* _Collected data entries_

----------------------------------------

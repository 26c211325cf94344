-- ===== src/Device/Boot.antt =====
-- What firmware/main/app_main.c registers, in its order.
pub mod Registered
pub mod Slots
pub mod Valid
pub mod Served
pub mod Walk
pub mod Agent
use wespe.Prelude.{ℕ, true, List, [], ◌∷◌}
use wespe.Mib.Registry.{Registry, registry_reset}
use wespe.Hal.Interfaces.{Hal}
use wespe.Device.Types.{Device}
use wespe.Device.System.{initial_name, mib_ii_register}
use wespe.Device.Wespe.{mib_wespe_register}
use wespe.Device.Interfaces.{mib_iftable_register}
use wespe.Device.Sensors.{mib_sensor_table_register}

module _ {H : Type 0} where
  -- The static variables before main.
  abbrev pub initial_device : H → Device H
  initial_device hardware = record {
    sys_contact = [];
    sys_name = initial_name;
    sys_location = [];
    labels = [] ∷ [] ∷ [] ∷ [] ∷ [];
    read_count = 0 ∷ 0 ∷ 0 ∷ 0 ∷ [];
    in_bounds = true;
    hardware = hardware;
  }

module _ {H : Type 0} (hal : Hal H) where
  unfoldable pub register_all : H → Registry (Device H) × Device H
  register_all hardware =
      let ii = mib_ii_register hal registry_reset in
      let wespe = mib_wespe_register hal ii in
      let interfaces = mib_iftable_register hal wespe in
      mib_sensor_table_register hal interfaces (initial_device hardware)
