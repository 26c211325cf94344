-- ===== src/Device/Boot/Registered.antt =====
-- The registry after boot keeps to the contract of mib_tree.h and mib_table.h: firmware/main/app_main.c
-- and the register functions of firmware/components/mib.
use wespe.Prelude.{◌≡◌, refl, arith, [], ◌∷◌, All}
use wespe.Mib.Registry.{Registry, registry_reset, register_module, register_table}
use wespe.Mib.Registry.Sorted.{AllSorted}
use wespe.Mib.Resolve.Next.{IsTable}
use wespe.Hal.Interfaces.{Hal}
use wespe.Device.Types.{Device}
use wespe.Mib.Oid.{oid_compare, oid_compare-Compares}
use wespe.Device.System.{
  oid_sys_descr, oid_sys_object_id, oid_sys_uptime, oid_sys_contact, oid_sys_name, oid_sys_location,
  oid_sys_services, mib_ii_objects, mib_ii_register,
}
use wespe.Device.Wespe.{
  oid_wespe_temperature, oid_wespe_relay_state, oid_wespe_uptime_seconds, oid_wespe_free_heap,
  oid_wespe_wifi_rssi, mib_wespe_objects, mib_wespe_register,
}
use wespe.Device.Interfaces.{iftable_scalars, iftable, ifxtable, mib_iftable_register}
use wespe.Device.Sensors.{sensor_table, mib_sensor_table_register}
use wespe.Device.Sensors.Rows.{sensor_next_index-IsAscending, sensor_first_index-IsU32}
use wespe.Device.Boot.{register_all}

module _ {H : Type 0} (hal : Hal H) where
  -- All that the modules offer.
  abbrev pub firmware : Registry (Device H)
  firmware = record {
    modules = mib_ii_objects hal ∷ mib_wespe_objects hal ∷ iftable_scalars ∷ [];
    tables = iftable hal ∷ ifxtable ∷ sensor_table hal ∷ [];
  }

  -- No registration finds the registry full.
  pub register_all-firmware : (hardware : H) → (register_all hal hardware).0 ≡ firmware
  unfolding register_all mib_ii_register mib_wespe_register mib_iftable_register
      mib_sensor_table_register register_module register_table registry_reset
  register_all-firmware hardware = refl

  pub firmware-AllSorted : AllSorted firmware.modules
  unfolding oid_compare
  firmware-AllSorted = (
    (
      oid_compare-Compares oid_sys_descr oid_sys_object_id,
      (
        oid_compare-Compares oid_sys_object_id oid_sys_uptime,
        (
          oid_compare-Compares oid_sys_uptime oid_sys_contact,
          (
            oid_compare-Compares oid_sys_contact oid_sys_name,
            (
              oid_compare-Compares oid_sys_name oid_sys_location,
              (oid_compare-Compares oid_sys_location oid_sys_services, tt),
            ),
          ),
        ),
      ),
    ),
    (
      (
        oid_compare-Compares oid_wespe_temperature oid_wespe_relay_state,
        (
          oid_compare-Compares oid_wespe_relay_state oid_wespe_uptime_seconds,
          (
            oid_compare-Compares oid_wespe_uptime_seconds oid_wespe_free_heap,
            (oid_compare-Compares oid_wespe_free_heap oid_wespe_wifi_rssi, tt),
          ),
        ),
      ),
      (tt, tt),
    ),
  )

  pub firmware-IsTable : (d : Device H) → All (λ t. IsTable t d) firmware.tables
  firmware-IsTable d = (
    record { sorted = omega arith; first_u32 = λ i e. ground arith; ascending = λ i j u e. cc },
    (
      record { sorted = omega arith; first_u32 = λ i e. ground arith; ascending = λ i j u e. cc },
      (
        record {
          sorted = omega arith;
          first_u32 = sensor_first_index-IsU32 hal d;
          ascending = sensor_next_index-IsAscending hal d;
        },
        tt,
      ),
    ),
  )
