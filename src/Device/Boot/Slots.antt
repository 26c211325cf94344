-- ===== src/Device/Boot/Slots.antt =====
-- The slots of wespeSensorTable stay inside their arrays: mib_sensor_table.c of firmware/components/mib.
use wespe.Prelude.{
  ℕ, true, ◌&&◌, ◌≤◌, refl, ◌+◌, ◌-◌, ◌%◌, ◌^◌, ◌<◌, ◌≡◌, ◌∙◌, arith, inl, inr, Bool-cases,
  Option-cases, List, [], ◌∷◌, ◌++◌, leb, length, length-set, length-take_le, get_or, set, All,
  All-set, IsU64, decimal,
}
use wespe.Mib.Types.{Varbind}
use wespe.Hal.Interfaces.{Hal, sensor_max_count}
use wespe.Device.Types.{Device, access_slot}
use wespe.Device.System.{wespe_str_max}
use wespe.Device.Sensors.{
  wespe_sensor_label_max, default_label, get_label, get_read_count, sensor_row_exists,
  get_sensor_temperature, get_sensor_status, sensor_get_cell, sensor_set_cell, is_blank,
}

-- Every text leaves room for its NUL, there is a slot for each sensor that there can be, a counter is a
-- uint64_t, and no slot was accessed that is not there.
pub record IsValid {H : Type 0} (d : Device H) : Type 0 where
  pub contact_fits : length d.sys_contact < wespe_str_max
  pub name_fits : length d.sys_name < wespe_str_max
  pub location_fits : length d.sys_location < wespe_str_max
  pub labels_count : length d.labels ≡ sensor_max_count
  pub labels_fit : All (λ s. length s < wespe_sensor_label_max) d.labels
  pub counters_count : length d.read_count ≡ sensor_max_count
  pub counters_fit : All IsU64 d.read_count
  pub inside : d.in_bounds ≡ true

-- A row that there can be has its slot in an array of SENSOR_MAX_COUNT entries.
abbrev IsSlot : ℕ → Type 0
IsSlot index = (1 ≤ index) × (index ≤ sensor_max_count)

default_label_fits : (index : ℕ) → length (default_label index) < wespe_sensor_label_max
unfolding default_label
default_label_fits index =
    omega (arith, length-take_le {0} 31 ((115 ∷ 101 ∷ 110 ∷ 115 ∷ 111 ∷ 114 ∷ []) ++ decimal index))

module _ {H : Type 0} where
  with_labels :
      (d : Device H) (i : ℕ) (s : List ℕ)
      → length s < wespe_sensor_label_max
      → IsValid d
      → IsValid (record d { labels = set d.labels i s })
  with_labels d i s h v = record {
    contact_fits = v.contact_fits;
    name_fits = v.name_fits;
    location_fits = v.location_fits;
    labels_count = length-set d.labels i s ∙ v.labels_count;
    labels_fit = All-set (λ s. length s < wespe_sensor_label_max) d.labels i s v.labels_fit h;
    counters_count = v.counters_count;
    counters_fit = v.counters_fit;
    inside = v.inside;
  }

  with_read_count :
      (d : Device H) (i n : ℕ)
      → IsU64 n
      → IsValid d
      → IsValid (record d { read_count = set d.read_count i n })
  with_read_count d i n h v = record {
    contact_fits = v.contact_fits;
    name_fits = v.name_fits;
    location_fits = v.location_fits;
    labels_count = v.labels_count;
    labels_fit = v.labels_fit;
    counters_count = length-set d.read_count i n ∙ v.counters_count;
    counters_fit = All-set IsU64 d.read_count i n v.counters_fit h;
    inside = v.inside;
  }

  access_slot-IsValid :
      {A : Type 0} (slots : List A) (index : ℕ) (d : Device H)
      → length slots ≡ sensor_max_count
      → IsSlot index
      → IsValid d
      → IsValid (access_slot slots index d)
  access_slot-IsValid slots index d size (low, high) v =
      let there : (leb 1 index && leb index (length slots)) ≡ true = ground arith in
      rw there (
        rw v.inside (record {
          contact_fits = v.contact_fits;
          name_fits = v.name_fits;
          location_fits = v.location_fits;
          labels_count = v.labels_count;
          labels_fit = v.labels_fit;
          counters_count = v.counters_count;
          counters_fit = v.counters_fit;
          inside = refl;
        }))

  get_label-IsValid :
      (index : ℕ) (d : Device H) (vb : Varbind)
      → IsSlot index
      → IsValid d
      → IsValid (get_label index d vb).2
  unfolding get_label
  get_label-IsValid index d vb slot v =
      let d' = access_slot d.labels index d in
      let v' = access_slot-IsValid d.labels index d v.labels_count slot v in
      elim (Bool-cases (is_blank (get_or d.labels (index - 1) []))) [
        | inl blank ↦
            rw blank
              (with_labels d' (index - 1) (default_label index) (default_label_fits index) v')
        | inr named ↦ rw named v'
      ]

  get_read_count-IsValid :
      (index : ℕ) (d : Device H) (vb : Varbind)
      → IsSlot index
      → IsValid d
      → IsValid (get_read_count index d vb).2
  unfolding get_read_count
  get_read_count-IsValid index d vb slot v =
      access_slot-IsValid d.read_count index d v.counters_count slot v

module _ {H : Type 0} (hal : Hal H) where
  sensor_temperature-IsValid :
      (index : ℕ) (d : Device H) (vb : Varbind)
      → IsSlot index
      → IsValid d
      → IsValid (get_sensor_temperature hal index d vb).2
  unfolding get_sensor_temperature
  sensor_temperature-IsValid index d vb slot v =
      elim (Option-cases (hal.sensor_read_indexed index d.hardware)) [
        | inl e ↦ rw (get_sensor_temperature, e) v
        | inr (n, e) ↦
            let count = get_or d.read_count (index - 1) 0 in
            rw (get_sensor_temperature, e)
              (with_read_count (access_slot d.read_count index d) (index - 1) ((count + 1) % 2 ^ 64)
                (omega arith) (access_slot-IsValid d.read_count index d v.counters_count slot v))
      ]

  sensor_status-IsValid :
      (index : ℕ) (d : Device H) (vb : Varbind)
      → IsValid d
      → IsValid (get_sensor_status hal index d vb).2
  unfolding get_sensor_status
  sensor_status-IsValid index d vb v =
      elim (Option-cases (hal.sensor_read_indexed index d.hardware)) [
        | inl e ↦ rw (get_sensor_status, e) v
        | inr (n, e) ↦ rw (get_sensor_status, e) v
      ]

  module _ (bounded : (h : H) → hal.sensor_count h ≤ sensor_max_count) where
    row-IsSlot : (d : Device H) (index : ℕ) → sensor_row_exists hal d index ≡ true → IsSlot index
    row-IsSlot d index row = (ground arith, ground (arith, bounded d.hardware))

    pub sensor_get-IsValid :
        (column index : ℕ) (d : Device H) (vb : Varbind)
        → IsValid d
        → IsValid (sensor_get_cell hal column index d vb).2
    unfolding sensor_get_cell
    sensor_get-IsValid column index d vb v = elim (Bool-cases (sensor_row_exists hal d index)) [
      | inr gone ↦ rw (sensor_get_cell, gone) v
      | inl row ↦
          let slot = row-IsSlot d index row in
          rw (sensor_get_cell, row)
            (ground (
              arith,
              get_label-IsValid index d vb slot v,
              get_read_count-IsValid index d vb slot v,
              sensor_temperature-IsValid index d vb slot v,
              sensor_status-IsValid index d vb v,
            ))
    ]

    pub sensor_set-IsValid :
        (column index : ℕ) (d : Device H) (vb : Varbind)
        → IsValid d
        → IsValid (sensor_set_cell hal column index d vb).1
    unfolding sensor_set_cell
    sensor_set-IsValid column index d vb v = elim (Bool-cases (sensor_row_exists hal d index)) [
      | inr gone ↦ rw (sensor_set_cell, gone) v
      | inl row ↦
          let slot = row-IsSlot d index row in
          let d' = access_slot d.labels index d in
          let v' = access_slot-IsValid d.labels index d v.labels_count slot v in
          elim (Bool-cases (leb wespe_sensor_label_max (length vb.octets))) [
            | inl long ↦ rw (sensor_set_cell, row, long) (ground arith)
            | inr fits ↦
                rw (sensor_set_cell, row, fits)
                  (ground (arith, with_labels d' (index - 1) vb.octets (ground arith) v'))
          ]
    ]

----------------------------------------

* _Exercise objective_
Please output only the lines from the first line of the entries through the line with "abbrev pub initial_device : H → Device H", both included, exactly as written.

* _Exercise response_
repository 26c211325cf94344
-- ===== src/Device/Boot.antt =====
-- What firmware/main/app_main.c registers, in its order.
pub mod Registered
pub mod Slots
pub mod Valid
pub mod Served
pub mod Walk
pub mod Agent
use wespe.Prelude.{ℕ, true, List, [], ◌∷◌}
use wespe.Mib.Registry.{Registry, registry_reset}
use wespe.Hal.Interfaces.{Hal}
use wespe.Device.Types.{Device}
use wespe.Device.System.{initial_name, mib_ii_register}
use wespe.Device.Wespe.{mib_wespe_register}
use wespe.Device.Interfaces.{mib_iftable_register}
use wespe.Device.Sensors.{mib_sensor_table_register}

module _ {H : Type 0} where
  -- The static variables before main.
  abbrev pub initial_device : H → Device H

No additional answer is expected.